Dewson Grant, Kratina Tobias, Sim Huiyan W, Puthalakath Hamsa, Adams Jerry M, Colman Peter M, Kluck Ruth M
Walter and Eliza Hall Institute of Medical Research, 1G Royal Parade, Parkville, Melbourne, Victoria 3050, Australia.
Mol Cell. 2008 May 9;30(3):369-80. doi: 10.1016/j.molcel.2008.04.005.
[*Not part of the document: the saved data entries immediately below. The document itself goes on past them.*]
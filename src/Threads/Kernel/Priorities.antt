-- ===== src/Threads/Kernel/Priorities.antt =====
-- thread_set_priority on a valid kernel.
use pintos_project.Base.{ℕ, ◌≤◌, ◌<◌, ◌≡◌, ◌≢◌, ◌⊎◌, some, ◌==◌, if◌then◌else◌}
use pintos_project.Threads.Kernel.{Kernel, thread_top_priority, thread_yield}

-- The thread that runs has a priority, and nothing else has changed.
pub record HasPriority (p : ℕ) (k k1 : Kernel) : Type 0 where
  pub prios :
      (u : ℕ) → (k1.threads u).priority ≡ (if u == k.current then p else (k.threads u).priority)
  pub same : (u : ℕ) → u ≢ k.current → k1.threads u ≡ k.threads u
  pub queues : k1.ready ≡ k.ready
  pub running : k1.current ≡ k.current

-- The priority is set, and the thread yields if it is lower than that of some queued thread.
abbrev pub HasSetPriority : ℕ → Kernel → Kernel → Type 0
HasSetPriority p k k' =
    (k1 : Kernel) × HasPriority p k k1
    × (((p < thread_top_priority k) × (thread_yield k1 ≡ some k'))
        ⊎ ((thread_top_priority k ≤ p) × (k' ≡ k1)))
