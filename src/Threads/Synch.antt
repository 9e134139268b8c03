-- ===== src/Threads/Synch.antt =====
-- threads/synch.c: semaphores, locks and the queue of a condition variable, on the kernel of thread.c.
-- A semaphore, a lock and a condition stand behind an address; a lock's semaphore has the lock's
-- address, and its holder is 0 where it is NULL. sema_down sleeps in a loop: `down_once` is one round
-- of it, and its thread makes the next round when it is switched to again. An ASSERT that fails is
-- `none`.
pub mod Choice
pub mod Waking
pub mod Effects
pub mod Exclusion
use pintos_project.Base.{
  ℕ, ◌+◌, ◌-◌, ◌%◌, ◌^◌, ◌≡◌, Bool, true, false, not, ◌&&◌, Option, none, some, List, [], ◌∷◌, ◌++◌,
  ◌==◌, ltb, if◌then◌else◌, update, erase, ◌>>=◌, ◌>>◌, assert,
}
use pintos_project.Threads.Kernel.{
  Kernel, with_level, intr_set_level, thread_block, thread_unblock, thread_yield,
}

-- struct semaphore: `waiters` are the threads whose `elem` the list links, front first.
pub record Sema : Type 0 where
  pub value : ℕ
  pub waiters : List ℕ

-- The kernel with its semaphores, the holders of its locks, and the semaphores that the waiters of
-- each condition variable queue (`struct semaphore_elem`).
pub record Sync : Type 0 where
  pub kernel : Kernel
  pub semas : ℕ → Sema
  pub holders : ℕ → ℕ
  pub conds : ℕ → List ℕ

abbrev pub set_sema : Sync → ℕ → Sema → Sync
set_sema s a sema = record s { semas = update s.semas a sema }

abbrev pub set_kernel : Sync → Kernel → Sync
set_kernel s k = record s { kernel = k }

-- sema_init (sema, value)
unfoldable pub sema_init : ℕ → ℕ → Sync → Option Sync
sema_init a value s =
    assert (not (a == 0)) >> some (set_sema s a (record { value = value; waiters = [] }))

-- One round of the loop of sema_down, with interrupts off: true if the semaphore was taken, which
-- ends the loop, false if the thread went to sleep on it.
unfoldable pub down_once : ℕ → Sync → Option (Bool × Sync)
down_once a s =
    let sema = s.semas a in
    if sema.value == 0
    then (do
      k ← thread_block s.kernel
      some (
        false,
        record s {
          kernel = k;
          semas =
              update s.semas a (record sema { waiters = sema.waiters ++ s.kernel.current ∷ [] });
        },
      ))
    else some (true, set_sema s a (record sema { value = sema.value - 1 }))

-- sema_down (sema), as far as its first thread_block. A thread that takes the semaphore at once gets
-- its interrupt level back.
unfoldable pub sema_down : ℕ → Sync → Option (Bool × Sync)
unfolding down_once
sema_down a s = do
  assert (not (a == 0))
  assert (not s.kernel.in_external)
  (took, s') ← down_once a (set_kernel s (with_level false s.kernel))
  k ← (if took then intr_set_level s.kernel.intr_on s'.kernel else some s'.kernel)
  some (took, set_kernel s' k)

-- sema_try_down (sema)
pub sema_try_down : ℕ → Sync → Option (Bool × Sync)
sema_try_down a s =
    let sema = s.semas a in
    assert (not (a == 0))
    >> some (
        if ltb 0 sema.value
        then (true, set_sema s a (record sema { value = sema.value - 1 }))
        else (false, s))

-- The loop of sema_up that looks for the waiter to wake: the first of those of the highest priority.
unfoldable pub max_waiter : Kernel → ℕ → List ℕ → ℕ
max_waiter k best [] = best
max_waiter k best (t ∷ ts) =
    max_waiter k (if ltb (k.threads best).priority (k.threads t).priority then t else best) ts

-- `sema->value++` on an `unsigned`.
abbrev pub value_up : ℕ → ℕ
value_up v = (v + 1) % 2 ^ 32

-- The end of sema_up: `pri_max` is what the variable holds, with the interrupt level restored.
unfoldable pub yield_to : ℕ → Sync → Option Sync
yield_to pri_max s = do
  k ←
      (if ltb (s.kernel.threads s.kernel.current).priority pri_max && s.kernel.intr_on
        then thread_yield s.kernel
        else some s.kernel)
  some (set_kernel s k)

-- sema_up (sema), as far as its thread_yield. The source leaves `pri_max` uninitialised where no
-- thread waits: `junk` is what it then holds.
unfoldable pub sema_up : ℕ → ℕ → Sync → Option Sync
unfolding yield_to max_waiter
sema_up junk a s = do
  assert (not (a == 0))
  let sema = s.semas a
  elim sema.waiters [
    | [] ↦ do
      k ← intr_set_level s.kernel.intr_on s.kernel
      yield_to junk (set_sema (set_kernel s k) a (record sema { value = value_up sema.value }))
    | t ∷ ts ↦ do
      let w = max_waiter s.kernel t (t ∷ ts)
      k ← thread_unblock w (with_level false s.kernel)
      k' ← intr_set_level s.kernel.intr_on k
      yield_to (s.kernel.threads w).priority (record s {
        kernel = k';
        semas =
            update s.semas a (record { value = value_up sema.value; waiters = erase w (t ∷ ts) });
      })
  ]

-- lock_held_by_current_thread (lock)
abbrev pub lock_held_by_current_thread : ℕ → Sync → Bool
lock_held_by_current_thread l s = s.holders l == s.kernel.current

-- lock_init (lock)
unfoldable pub lock_init : ℕ → Sync → Option Sync
unfolding sema_init
lock_init l s = do
  assert (not (l == 0))
  sema_init l 1 (record s { holders = update s.holders l 0 })

abbrev pub set_holder : ℕ → ℕ → Sync → Sync
set_holder l t s = record s { holders = update s.holders l t }

-- lock_acquire (lock), as far as it does not sleep: the holder is set by the thread that took the
-- semaphore.
unfoldable pub lock_acquire : ℕ → Sync → Option (Bool × Sync)
unfolding sema_down
lock_acquire l s = do
  assert (not (l == 0))
  assert (not s.kernel.in_external)
  assert (not (lock_held_by_current_thread l s))
  (took, s') ← sema_down l s
  some (took, if took then set_holder l s'.kernel.current s' else s')

-- lock_acquire_other (lock, t)
unfoldable pub lock_acquire_other : ℕ → ℕ → Sync → Option (Bool × Sync)
unfolding sema_down
lock_acquire_other l t s = do
  assert (not (l == 0))
  assert (not s.kernel.in_external)
  (took, s') ← sema_down l s
  some (took, if took then set_holder l t s' else s')

-- lock_try_acquire (lock)
pub lock_try_acquire : ℕ → Sync → Option (Bool × Sync)
unfolding sema_try_down
lock_try_acquire l s = do
  assert (not (l == 0))
  assert (not (lock_held_by_current_thread l s))
  (success, s') ← sema_try_down l s
  some (success, if success then set_holder l s'.kernel.current s' else s')

-- lock_release (lock)
unfoldable pub lock_release : ℕ → ℕ → Sync → Option Sync
unfolding sema_up
lock_release junk l s = do
  assert (not (l == 0))
  assert (lock_held_by_current_thread l s)
  sema_up junk l (set_holder l 0 s)

-- cond_wait (cond, lock), as far as its lock_release: `waiter` is the semaphore on its stack.
pub cond_wait_begin : ℕ → ℕ → ℕ → ℕ → Sync → Option Sync
unfolding sema_init lock_release
cond_wait_begin junk cond lock waiter s = do
  assert (not (cond == 0))
  assert (not (lock == 0))
  assert (not s.kernel.in_external)
  assert (lock_held_by_current_thread lock s)
  s1 ← sema_init waiter 0 s
  lock_release junk lock (record s1 { conds = update s1.conds cond (s1.conds cond ++ waiter ∷ []) })

-- cond_signal (cond, lock)
pub cond_signal : ℕ → ℕ → ℕ → Sync → Option Sync
unfolding sema_up
cond_signal junk cond lock s = do
  assert (not (cond == 0))
  assert (not (lock == 0))
  assert (not s.kernel.in_external)
  assert (lock_held_by_current_thread lock s)
  elim (s.conds cond) [
    | [] ↦ some s
    | w ∷ ws ↦ sema_up junk w (record s { conds = update s.conds cond ws })
  ]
The Bcl-2 relative Bak is thought to drive apoptosis by forming homo-oligomers that permeabilize mitochondria, but how it is activated and oligomerizes is unclear. To clarify these pivotal steps toward apoptosis, we have characterized multiple random loss-of-function Bak mutants and explored the mechanism of Bak conformation change during apoptosis. Single missense mutations located to the alpha helix 2-5 region of Bak, with most altering the BH3 domain or hydrophobic groove (BH1 domain). Loss of function invariably corresponded to impaired ability to oligomerize. An essential early step in Bak activation was shown to be exposure of the BH3 domain, which became reburied in dimers. We demonstrate that oligomerization involves insertion of the BH3 domain of one Bak molecule into the groove of another and may produce symmetric Bak dimers. We conclude that this BH3:groove interaction is essential to nucleate Bak oligomerization, which in turn is required for its proapoptotic function.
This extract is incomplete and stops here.